[Records from a data collection]
====

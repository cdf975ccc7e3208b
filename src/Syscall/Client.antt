-- ===== src/Syscall/Client.antt =====
-- crates/smos-common/src/syscall.rs: what the client's calls share. A call writes its request into
-- the IPC buffer, traps, decodes an error, and reads the reply.
pub mod Root
pub mod Servers
pub mod Objects
pub mod Sddf
use smos_thesis.Base.{
  ℕ, Bool, true, false, not, ◌&&◌, ◌||◌, List, [], ◌++◌, Option, none, some, Result, ok, err, Run,
  ret, panic, get_elem?, set, ◌==◌, if◌then◌else◌,
}
use smos_thesis.Common.Errors.{InvocationError, data_buffer_not_set, server_error, try_unpack_error}
use smos_thesis.Common.Invocations.{SmosInvocation, into_u64}
use smos_thesis.Server.Message.{IpcBuffer, MessageInfo, write_reg, write_cap}
use smos_thesis.Server.Reply.{HandleOrHandleCap, handle, handle_cap}
use smos_thesis.UserCspace.{SmosUserCSpace, free_slot}
use smos_thesis.Syscall.Text.{copy_terminated_rust_string_to_buffer}
use smos_thesis.Syscall.Request.{ReceivedInfo}

-- The IPC buffer with its receive slot, the contents of the buffer shared with the server
-- (`get_buf_mut`), and the rest of the system.
pub record Client (World : Type 0) : Type 0 where
  pub ipc : IpcBuffer
  pub recv_slot : ℕ
  pub buf : Option (List ℕ)
  pub world : World

-- The endpoint's `call`, which writes the reply into the IPC buffer, and the deletion of a
-- capability of the client, which may fail.
pub record Services (World : Type 0) : Type 0 where
  pub call : MessageInfo → Client World → ReceivedInfo × Client World
  pub delete : ℕ → World → Bool × World

abbrev pub Ipc : Type 0 → Type 0 → Type 0
Ipc World A = Client World → Run (Result InvocationError A × Client World)

abbrev pub number : Bool → ℕ
number true = 1
number false = 0

-- The message that the builder makes.
abbrev pub message : SmosInvocation → (length extra_caps : ℕ) → MessageInfo
message label length extra_caps = record {
  label = into_u64 label;
  msg_length = length;
  extra_caps = extra_caps;
}

-- `msginfo.extra_caps() == 1 && msginfo.caps_unwrapped() == 0`
abbrev pub one_cap : ReceivedInfo → Bool
one_cap info = (info.extra_caps == 1) && (info.caps_unwrapped == 0)

module _ {World : Type 0} where
  abbrev pub done : {A : Type 0} → A → Ipc World A
  done a c = ret (ok a, c)

  abbrev pub refuse : {A : Type 0} → InvocationError → Ipc World A
  refuse e c = ret (err e, c)

  -- The rest of a block behind a statement, which a panic or a `?` leaves.
  abbrev pub and_then :
      {A B : Type 0}
      → Run (Result InvocationError A × Client World)
      → (A → Ipc World B)
      → Run (Result InvocationError B × Client World)
  and_then (ret (ok a, c)) f = f a c
  and_then (ret (err e, c)) f = ret (err e, c)
  and_then panic f = panic

  infixl 5 ◌>>=◌ ◌>>◌
  abbrev pub ◌>>=◌ : {A B : Type 0} → Ipc World A → (A → Ipc World B) → Ipc World B
  ◌>>=◌ m f c = and_then (m c) f

  abbrev pub ◌>>◌ : {B : Type 0} → Ipc World (Unit {0}) → Ipc World B → Ipc World B
  ◌>>◌ m k c = and_then (m c) (λ _. k)

  abbrev with_ipc :
      Client World → Run IpcBuffer → Run (Result InvocationError (Unit {0}) × Client World)
  with_ipc c (ret ipc) = ret (ok tt, record c { ipc = ipc })
  with_ipc c panic = panic

  -- `ipc_buf.msg_regs_mut()[i] = v` and `ipc_buf.caps_or_badges_mut()[i] = v`
  abbrev pub set_msg : ℕ → ℕ → Ipc World (Unit {0})
  set_msg i v c = with_ipc c (write_reg c.ipc i v)

  abbrev pub set_cap : ℕ → ℕ → Ipc World (Unit {0})
  set_cap i v c = with_ipc c (write_cap c.ipc i v)

  -- `ipc_buf.msg_regs()[i]`
  abbrev pub msg_reg : ℕ → Ipc World ℕ
  msg_reg i c = elim (get_elem? c.ipc.msg_regs i) [ none ↦ panic | some v ↦ ret (ok v, c) ]

  abbrev pub set_recv_slot : ℕ → Ipc World (Unit {0})
  set_recv_slot slot c = ret (ok tt, record c { recv_slot = slot })

  -- `if return_cap.is_some() { ipc_buf.set_recv_slot(&return_cap.unwrap()) }`
  abbrev pub set_return_cap : Option ℕ → Ipc World (Unit {0})
  set_return_cap none = done tt
  set_return_cap (some slot) = set_recv_slot slot

  -- `assert!`, and the `expect` of a deletion.
  abbrev pub check : Bool → Ipc World (Unit {0})
  check true c = ret (ok tt, c)
  check false c = panic

  -- `self.get_buf_mut().ok_or(InvocationError::DataBufferNotSet)?`
  abbrev pub shared_buf : Ipc World (List ℕ)
  shared_buf c = elim c.buf [
    | none ↦ ret (err data_buffer_not_set, c)
    | some bytes ↦ ret (ok bytes, c)
  ]

  -- `shared_buf = copy_terminated_rust_string_to_buffer(shared_buf, name)?` on the slice `rest`
  -- behind the bytes `before`.
  unfoldable pub put_name : List ℕ → List ℕ → List ℕ → Ipc World (List ℕ × List ℕ)
  put_name before rest name c = elim (copy_terminated_rust_string_to_buffer rest name) [
    | err e ↦ ret (err e, c)
    | ok (written, rest') ↦
        ret (ok (before ++ written, rest'), record c { buf = some (before ++ written ++ rest') })
  ]

  abbrev pub set_buf : Option (List ℕ) → Ipc World (Unit {0})
  set_buf buf c = ret (ok tt, record c { buf = buf })

  abbrev pub send : SmosInvocation → (length extra_caps : ℕ) → Ipc World MessageInfo
  send label length extra_caps = done (message label length extra_caps)

  -- A handle goes into the first register, the slot of a handle capability into the first
  -- capability register.
  unfoldable pub send_hndl : SmosInvocation → HandleOrHandleCap → Ipc World MessageInfo
  send_hndl label (handle idx) = do set_msg 0 idx; send label 1 0
  send_hndl label (handle_cap cptr) = do set_cap 0 cptr; send label 0 1

  -- A handle capability if one was asked for, or else a handle.
  unfoldable pub returned_hndl : Option ℕ → ReceivedInfo → Ipc World HandleOrHandleCap
  returned_hndl (some slot) info =
      if not (one_cap info) then refuse server_error else done (handle_cap slot)
  returned_hndl none info =
      if not (info.msg_length == 1)
      then refuse server_error
      else (do idx ← msg_reg 0; done (handle idx))

  -- `cspace.delete(cptr).expect(..); cspace.free_slot(cptr);`
  unfoldable pub delete_and_free : Services World → ℕ → SmosUserCSpace → Ipc World SmosUserCSpace
  delete_and_free s cptr cspace c =
      let (deleted, world) = s.delete cptr c.world in
      if not deleted then panic else elim (free_slot cspace cptr) [
        | panic ↦ panic
        | ret cspace' ↦ ret (ok cspace', record c { world = world })
      ]

  -- The trap, and the `?` on `try_unpack_error`.
  unfoldable pub call_ep : Services World → MessageInfo → Ipc World ReceivedInfo
  call_ep s info c =
      let (reply, c') = s.call info c in
      elim (try_unpack_error reply.label c'.ipc.msg_regs) [
        | panic ↦ panic
        | ret (err e) ↦ ret (err e, c')
        | ret (ok _) ↦ ret (ok reply, c')
      ]

  -- A request, the call, and the reading of its reply.
  unfoldable pub invoke :
      {A : Type 0}
      → Services World
      → Ipc World MessageInfo
      → (ReceivedInfo → Ipc World A)
      → Ipc World A
  invoke s request reply = do info ← request; msginfo ← call_ep s info; reply msginfo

====

*WHAT TO WORK ON*. Copy out the data shown above without altering anything.

*OUTPUT*.
repository cdf975ccc7e3208b
filename src/Syscall/Client.antt
-- ===== src/Syscall/Client.antt =====
-- crates/smos-common/src/syscall.rs: what the client's calls share. A call writes its request into
-- the IPC buffer, traps, decodes an error, and reads the reply.
pub mod Root
pub mod Servers
pub mod Objects
pub mod Sddf
use smos_thesis.Base.{
  ℕ, Bool, true, false, not, ◌&&◌, ◌||◌, List, [], ◌++◌, Option, none, some, Result, ok, err, Run,
  ret, panic, get_elem?, set, ◌==◌, if◌then◌else◌,
}
use smos_thesis.Common.Errors.{InvocationError, data_buffer_not_set, server_error, try_unpack_error}
use smos_thesis.Common.Invocations.{SmosInvocation, into_u64}
use smos_thesis.Server.Message.{IpcBuffer, MessageInfo, write_reg, write_cap}
use smos_thesis.Server.Reply.{HandleOrHandleCap, handle, handle_cap}
use smos_thesis.UserCspace.{SmosUserCSpace, free_slot}
use smos_thesis.Syscall.Text.{copy_terminated_rust_string_to_buffer}
use smos_thesis.Syscall.Request.{ReceivedInfo}

-- The IPC buffer with its receive slot, the contents of the buffer shared with the server
-- (`get_buf_mut`), and the rest of the system.
pub record Client (World : Type 0) : Type 0 where
  pub ipc : IpcBuffer
  pub recv_slot : ℕ
  pub buf : Option (List ℕ)
  pub world : World

-- The endpoint's `call`, which writes the reply into the IPC buffer, and the deletion of a
-- capability of the client, which may fail.
pub record Services (World : Type 0) : Type 0 where
  pub call : MessageInfo → Client World → ReceivedInfo × Client World
  pub delete : ℕ → World → Bool × World

abbrev pub Ipc : Type 0 → Type 0 → Type 0
Ipc World A = Client World → Run (Result InvocationError A × Client World)

abbrev pub number : Bool → ℕ
number true = 1
number false = 0

-- The message that the builder makes.
abbrev pub message : SmosInvocation → (length extra_caps : ℕ) → MessageInfo
message label length extra_caps = record {
  label = into_u64 label;
  msg_length = length;
  extra_caps = extra_caps;
}

-- `msginfo.extra_caps() == 1 && msginfo.caps_unwrapped() == 0`
abbrev pub one_cap : ReceivedInfo → Bool
one_cap info = (info.extra_caps == 1) && (info.caps_unwrapped == 0)

module _ {World : Type 0} where
  abbrev pub done : {A : Type 0} → A → Ipc World A
  done a c = ret (ok a, c)

  abbrev pub refuse : {A : Type 0} → InvocationError → Ipc World A
  refuse e c = ret (err e, c)

  -- The rest of a block behind a statement, which a panic or a `?` leaves.
  abbrev pub and_then :
      {A B : Type 0}
      → Run (Result InvocationError A × Client World)
      → (A → Ipc World B)
      → Run (Result InvocationError B × Client World)
  and_then (ret (ok a, c)) f = f a c
  and_then (ret (err e, c)) f = ret (err e, c)
  and_then panic f = panic

  infixl 5 ◌>>=◌ ◌>>◌
  abbrev pub ◌>>=◌ : {A B : Type 0} → Ipc World A → (A → Ipc World B) → Ipc World B
  ◌>>=◌ m f c = and_then (m c) f

  abbrev pub ◌>>◌ : {B : Type 0} → Ipc World (Unit {0}) → Ipc World B → Ipc World B
  ◌>>◌ m k c = and_then (m c) (λ _. k)

  abbrev with_ipc :
      Client World → Run IpcBuffer → Run (Result InvocationError (Unit {0}) × Client World)
  with_ipc c (ret ipc) = ret (ok tt, record c { ipc = ipc })
  with_ipc c panic = panic

  -- `ipc_buf.msg_regs_mut()[i] = v` and `ipc_buf.caps_or_badges_mut()[i] = v`
  abbrev pub set_msg : ℕ → ℕ → Ipc World (Unit {0})
  set_msg i v c = with_ipc c (write_reg c.ipc i v)

  abbrev pub set_cap : ℕ → ℕ → Ipc World (Unit {0})
  set_cap i v c = with_ipc c (write_cap c.ipc i v)

  -- `ipc_buf.msg_regs()[i]`
  abbrev pub msg_reg : ℕ → Ipc World ℕ
  msg_reg i c = elim (get_elem? c.ipc.msg_regs i) [ none ↦ panic | some v ↦ ret (ok v, c) ]

  abbrev pub set_recv_slot : ℕ → Ipc World (Unit {0})
  set_recv_slot slot c = ret (ok tt, record c { recv_slot = slot })

  -- `if return_cap.is_some() { ipc_buf.set_recv_slot(&return_cap.unwrap()) }`
  abbrev pub set_return_cap : Option ℕ → Ipc World (Unit {0})
  set_return_cap none = done tt
  set_return_cap (some slot) = set_recv_slot slot

  -- `assert!`, and the `expect` of a deletion.
  abbrev pub check : Bool → Ipc World (Unit {0})
  check true c = ret (ok tt, c)
  check false c = panic

  -- `self.get_buf_mut().ok_or(InvocationError::DataBufferNotSet)?`
  abbrev pub shared_buf : Ipc World (List ℕ)
  shared_buf c = elim c.buf [
    | none ↦ ret (err data_buffer_not_set, c)
    | some bytes ↦ ret (ok bytes, c)
  ]

  -- `shared_buf = copy_terminated_rust_string_to_buffer(shared_buf, name)?` on the slice `rest`
  -- behind the bytes `before`.
  unfoldable pub put_name : List ℕ → List ℕ → List ℕ → Ipc World (List ℕ × List ℕ)
  put_name before rest name c = elim (copy_terminated_rust_string_to_buffer rest name) [
    | err e ↦ ret (err e, c)
    | ok (written, rest') ↦
        ret (ok (before ++ written, rest'), record c { buf = some (before ++ written ++ rest') })
  ]

  abbrev pub set_buf : Option (List ℕ) → Ipc World (Unit {0})
  set_buf buf c = ret (ok tt, record c { buf = buf })

  abbrev pub send : SmosInvocation → (length extra_caps : ℕ) → Ipc World MessageInfo
  send label length extra_caps = done (message label length extra_caps)

  -- A handle goes into the first register, the slot of a handle capability into the first
  -- capability register.
  unfoldable pub send_hndl : SmosInvocation → HandleOrHandleCap → Ipc World MessageInfo
  send_hndl label (handle idx) = do set_msg 0 idx; send label 1 0
  send_hndl label (handle_cap cptr) = do set_cap 0 cptr; send label 0 1

  -- A handle capability if one was asked for, or else a handle.
  unfoldable pub returned_hndl : Option ℕ → ReceivedInfo → Ipc World HandleOrHandleCap
  returned_hndl (some slot) info =
      if not (one_cap info) then refuse server_error else done (handle_cap slot)
  returned_hndl none info =
      if not (info.msg_length == 1)
      then refuse server_error
      else (do idx ← msg_reg 0; done (handle idx))

  -- `cspace.delete(cptr).expect(..); cspace.free_slot(cptr);`
  unfoldable pub delete_and_free : Services World → ℕ → SmosUserCSpace → Ipc World SmosUserCSpace
  delete_and_free s cptr cspace c =
      let (deleted, world) = s.delete cptr c.world in
      if not deleted then panic else elim (free_slot cspace cptr) [
        | panic ↦ panic
        | ret cspace' ↦ ret (ok cspace', record c { world = world })
      ]

  -- The trap, and the `?` on `try_unpack_error`.
  unfoldable pub call_ep : Services World → MessageInfo → Ipc World ReceivedInfo
  call_ep s info c =
      let (reply, c') = s.call info c in
      elim (try_unpack_error reply.label c'.ipc.msg_regs) [
        | panic ↦ panic
        | ret (err e) ↦ ret (err e, c')
        | ret (ok _) ↦ ret (ok reply, c')
      ]

  -- A request, the call, and the reading of its reply.
  unfoldable pub invoke :
      {A : Type 0}
      → Services World
      → Ipc World MessageInfo
      → (ReceivedInfo → Ipc World A)
      → Ipc World A
  invoke s request reply = do info ← request; msginfo ← call_ep s info; reply msginfo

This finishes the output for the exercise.